Nanoscale Texturing and Interfaces in Compositionally Modified Ca₃Co₄O₉ with Enhanced Thermoelectric Performance

Oxide thermoelectric materials are nontoxic, chemically and thermally stable in oxidizing environments, cost-effective, and comparatively simpler to synthesize. However, thermoelectric oxides exhibit comparatively lower figure of merit (ZT) than that of metallic alloy counterparts. In this study, nanoscale texturing and interface engineering were utilized for enhancing the thermoelectric performance of oxide polycrystalline Ca₃Co₄O₉ materials, which were synthesized using conventional sintering and spark plasma sintering (SPS) techniques.
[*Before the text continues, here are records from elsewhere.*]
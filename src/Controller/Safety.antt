-- ===== src/Controller/Safety.antt =====
-- The reasons for which the relay is energised, and the runs in which there is none.
use rfid_access.Base.{
  Option, none, some, ℕ, ◌≡◌, ◌≢◌, ◌⊎◌, Bool, true, false, List, [], ◌∷◌, arith, add32, All, refl,
  ◌∙◌,
}
use rfid_access.Door.{DoorContact}
use rfid_access.Controller.{
  Controller, AppEvent, Step, take, finish, finish_from, pass, post, Readings, handle, exit_poll,
  schedule_poll, relay_poll, contact_poll, result_poll, tick, take_from, step, run, start,
  EventType, card_tap,
}
use rfid_access.Controller.Hold.{
  contact_poll_frame, result_poll_frame, exit_poll_frame, tick_polls, step-relay_hold_ms,
}

-- An energised relay has a deadline or an open unlock window, and either of them energises it.
pub record IsSafe (c : Controller) : Type 0 where
  pub relay_reason : c.relay ≡ true → (c.sched_active ≡ true) ⊎ (c.relay_off_at ≢ 0)
  pub window_open : c.sched_active ≡ true → c.relay ≡ true
  pub deadline_open : c.relay_off_at ≢ 0 → c.relay ≡ true

-- The deadline that a release at `now` would set does not wrap to 0, which means "none".
abbrev pub HasDeadline : Controller → ℕ → Type 0
HasDeadline c now = add32 now c.relay_hold_ms ≢ 0

pub handle-IsSafe :
    (c : Controller) (now : ℕ) (e : AppEvent) (granted : Bool)
    → HasDeadline c now
    → IsSafe c
    → IsSafe (handle c now e granted)
unfolding handle
handle-IsSafe c now e granted h s = ground arith

exit_poll-IsSafe : (c : Controller) (now : ℕ) (b : Bool) → IsSafe c → IsSafe (exit_poll c now b)
unfolding exit_poll
exit_poll-IsSafe c now b s = ground arith

schedule_poll-IsSafe :
    (c : Controller) (now : ℕ) (b : Bool) → IsSafe c → IsSafe (schedule_poll c now b)
unfolding schedule_poll
schedule_poll-IsSafe c now b s = ground arith

relay_poll-IsSafe : (c : Controller) (now : ℕ) → IsSafe c → IsSafe (relay_poll c now)
unfolding relay_poll
relay_poll-IsSafe c now s = ground arith

contact_poll-IsSafe :
    (c : Controller) (now : ℕ) (b : Bool) → IsSafe c → IsSafe (contact_poll c now b)
unfolding contact_poll
contact_poll-IsSafe c now b s = ground arith

result_poll-IsSafe : (c : Controller) (now : ℕ) → IsSafe c → IsSafe (result_poll c now)
unfolding result_poll
result_poll-IsSafe c now s = ground arith

tick-IsSafe : (c : Controller) (now : ℕ) (r : Readings) → IsSafe c → IsSafe (tick c now r)
tick-IsSafe c now r s = rw (tick_polls c now r) (
    result_poll-IsSafe _ now (
      contact_poll-IsSafe _ now r.contact_open (
        relay_poll-IsSafe _ now
          (schedule_poll-IsSafe _ now r.window_active (exit_poll-IsSafe c now r.exit_pressed s)))))

-- What a step must satisfy: a release sets a deadline.
abbrev pub Timely : ℕ → Step → Type 0
Timely hold (take granted) = Unit {0}
Timely hold (finish now) = add32 now hold ≢ 0
Timely hold (pass now r) = Unit {0}
Timely hold (post e) = Unit {0}

take_from-IsSafe :
    (h : Option (AppEvent × Bool)) (q : List AppEvent) (c : Controller) (granted : Bool)
    → IsSafe c
    → IsSafe (take_from h q c granted)
unfolding take_from
take_from-IsSafe h q c granted s = ground arith

finish_from-IsSafe :
    (h : Option (AppEvent × Bool)) (c : Controller) (now : ℕ)
    → HasDeadline c now
    → IsSafe c
    → IsSafe (finish_from h c now)
unfolding finish_from
finish_from-IsSafe none c now d s = s
finish_from-IsSafe (some (e, granted)) c now d s =
    handle-IsSafe (record c { in_hand = none }) now e granted d
      (record {
        relay_reason = s.relay_reason;
        window_open = s.window_open;
        deadline_open = s.deadline_open;
      })

pub step-IsSafe :
    (c : Controller) (s : Step) → Timely c.relay_hold_ms s → IsSafe c → IsSafe (step c s)
unfolding step
step-IsSafe c (take granted) h v = take_from-IsSafe c.in_hand c.queue c granted v
step-IsSafe c (finish now) h v = finish_from-IsSafe c.in_hand c now h v
step-IsSafe c (pass now r) h v = tick-IsSafe c now r v
step-IsSafe c (post e) h v = record {
  relay_reason = v.relay_reason;
  window_open = v.window_open;
  deadline_open = v.deadline_open;
}

pub run-IsSafe' :
    (c : Controller) (ss : List Step)
    → All (Timely c.relay_hold_ms) ss
    → IsSafe c
    → IsSafe (run c ss)
unfolding run
run-IsSafe' c [] h v = v
run-IsSafe' c (s ∷ ss) h v =
    run-IsSafe' (step c s) ss (rw (step-relay_hold_ms c s) h.1) (step-IsSafe c s h.0 v)

-- After boot and any interleaving of the access task's two parts of an event, passes of the main loop
-- and posted events, as long as the access task does not come back from the buzzer at a time at which
-- a deadline would wrap to 0: an energised relay has a deadline or an open unlock window, and each of
-- them energises it.
pub run-IsSafe :
    (d : DoorContact) (contact oled : Bool) (relay_hold result_hold : ℕ) (ss : List Step)
    → All (Timely relay_hold) ss
    → IsSafe (run (start d contact oled relay_hold result_hold) ss)
unfolding start
run-IsSafe d contact oled relay_hold result_hold ss h =
    run-IsSafe' (start d contact oled relay_hold result_hold) ss h (record {
      relay_reason = λ e. cc;
      window_open = λ e. cc;
      deadline_open = λ n. absurd (n refl);
    })

abbrev pub is_release : EventType → Bool → Bool
is_release card_tap granted = granted
is_release _ granted = true

abbrev pub held_releases : Option (AppEvent × Bool) → Bool
held_releases none = false
held_releases (some (e, granted)) = is_release e.type granted

-- A step that may unlock: a granted tap, an exit request or a remote release is behind the buzzer,
-- or the unlock window is open on a pass of the loop.
abbrev pub unlocks : Controller → Step → Bool
unlocks c (take granted) = false
unlocks c (finish now) = held_releases c.in_hand
unlocks c (pass now r) = r.window_active
unlocks c (post e) = false

abbrev pub NoUnlock : Controller → List Step → Type 0
NoUnlock c [] = Unit {0}
NoUnlock c (s ∷ ss) = (unlocks c s ≡ false) × NoUnlock (step c s) ss

abbrev IsLocked : Controller → Type 0
IsLocked c = (c.relay ≡ false) × (c.sched_active ≡ false)

schedule_poll-IsLocked :
    (c : Controller) (now : ℕ) → IsLocked c → IsLocked (schedule_poll c now false)
unfolding schedule_poll
schedule_poll-IsLocked c now v = (ground arith, ground arith)

relay_poll-IsLocked : (c : Controller) (now : ℕ) → IsLocked c → IsLocked (relay_poll c now)
unfolding relay_poll
relay_poll-IsLocked c now v = (ground arith, ground arith)

tick-IsLocked :
    (c : Controller) (now : ℕ) (r : Readings)
    → r.window_active ≡ false
    → IsLocked c
    → IsLocked (tick c now r)
tick-IsLocked c now r w v =
    let c1 = exit_poll c now r.exit_pressed in
    let (_, e1, e2) = exit_poll_frame c now r.exit_pressed in
    let c2 = schedule_poll c1 now false in
    let v2 : IsLocked c2 = schedule_poll-IsLocked c1 now (e1 ∙ v.0, e2 ∙ v.1) in
    let c3 = relay_poll c2 now in
    let v3 : IsLocked c3 = relay_poll-IsLocked c2 now v2 in
    let c4 = contact_poll c3 now r.contact_open in
    let (_, f1, f2) = contact_poll_frame c3 now r.contact_open in
    let (_, g1, g2) = result_poll_frame c4 now in
    rw (tick_polls c now r, w) (g1 ∙ f1 ∙ v3.0, g2 ∙ f2 ∙ v3.1)

take_from-IsLocked :
    (h : Option (AppEvent × Bool)) (q : List AppEvent) (c : Controller) (granted : Bool)
    → IsLocked c
    → IsLocked (take_from h q c granted)
unfolding take_from
take_from-IsLocked h q c granted v = (ground arith, ground arith)

finish_from-IsLocked :
    (h : Option (AppEvent × Bool)) (c : Controller) (now : ℕ)
    → held_releases h ≡ false
    → IsLocked c
    → IsLocked (finish_from h c now)
unfolding finish_from
finish_from-IsLocked none c now k v = v
finish_from-IsLocked (some (e, granted)) c now k v = (ground arith, ground arith)

step-IsLocked : (c : Controller) (s : Step) → unlocks c s ≡ false → IsLocked c → IsLocked (step c s)
unfolding step
step-IsLocked c (take granted) h v = take_from-IsLocked c.in_hand c.queue c granted v
step-IsLocked c (finish now) h v = finish_from-IsLocked c.in_hand c now h v
step-IsLocked c (pass now r) h v = tick-IsLocked c now r h v
step-IsLocked c (post e) h v = v

run-IsLocked : (c : Controller) (ss : List Step) → NoUnlock c ss → IsLocked c → IsLocked (run c ss)
unfolding run
run-IsLocked c [] h v = v
run-IsLocked c (s ∷ ss) h v = run-IsLocked (step c s) ss h.1 (step-IsLocked c s h.0 v)

-- A door is never released without a cause: from boot, as long as no granted tap, exit request or
-- remote release has been handled and no pass of the loop found the unlock window open, the
-- relay stays off, whatever is posted, denied, pressed or read from the contact.
pub unlock_needs_cause :
    (d : DoorContact) (contact oled : Bool) (relay_hold result_hold : ℕ) (ss : List Step)
    → NoUnlock (start d contact oled relay_hold result_hold) ss
    → (run (start d contact oled relay_hold result_hold) ss).relay ≡ false
unfolding start
unlock_needs_cause d contact oled relay_hold result_hold ss h =
    (run-IsLocked (start d contact oled relay_hold result_hold) ss h (refl, refl)).0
Results demonstrated that nanoscale platelets (having layered structure with nanoscale spacing) and metallic inclusions provide effective scattering of phonons, resulting in lower thermal conductivity and higher ZT. Thermoelectric measurement direction was found to have a significant effect on the magnitude of ZT because of the strong anisotropy in the transport properties induced by the layered nanostructure. The peak ZT value for the Ca_2.85Lu_0.15Co_3.95Ga_0.05O₉ specimen measured along both perpendicular and parallel directions with respect to the SPS pressure axis is found be 0.16 at 630 °C and 0.04 at 580 °C, respectively. The peak ZT of 0.25 at 670 °C was observed for the spark plasma-sintered Ca_2.95Ag_0.05Co₄O₉ sample. The estimated output power of 2.15 W was obtained for the full size model, showing high-temperature thermoelectric applicability of this nanostructured material without significant oxidation.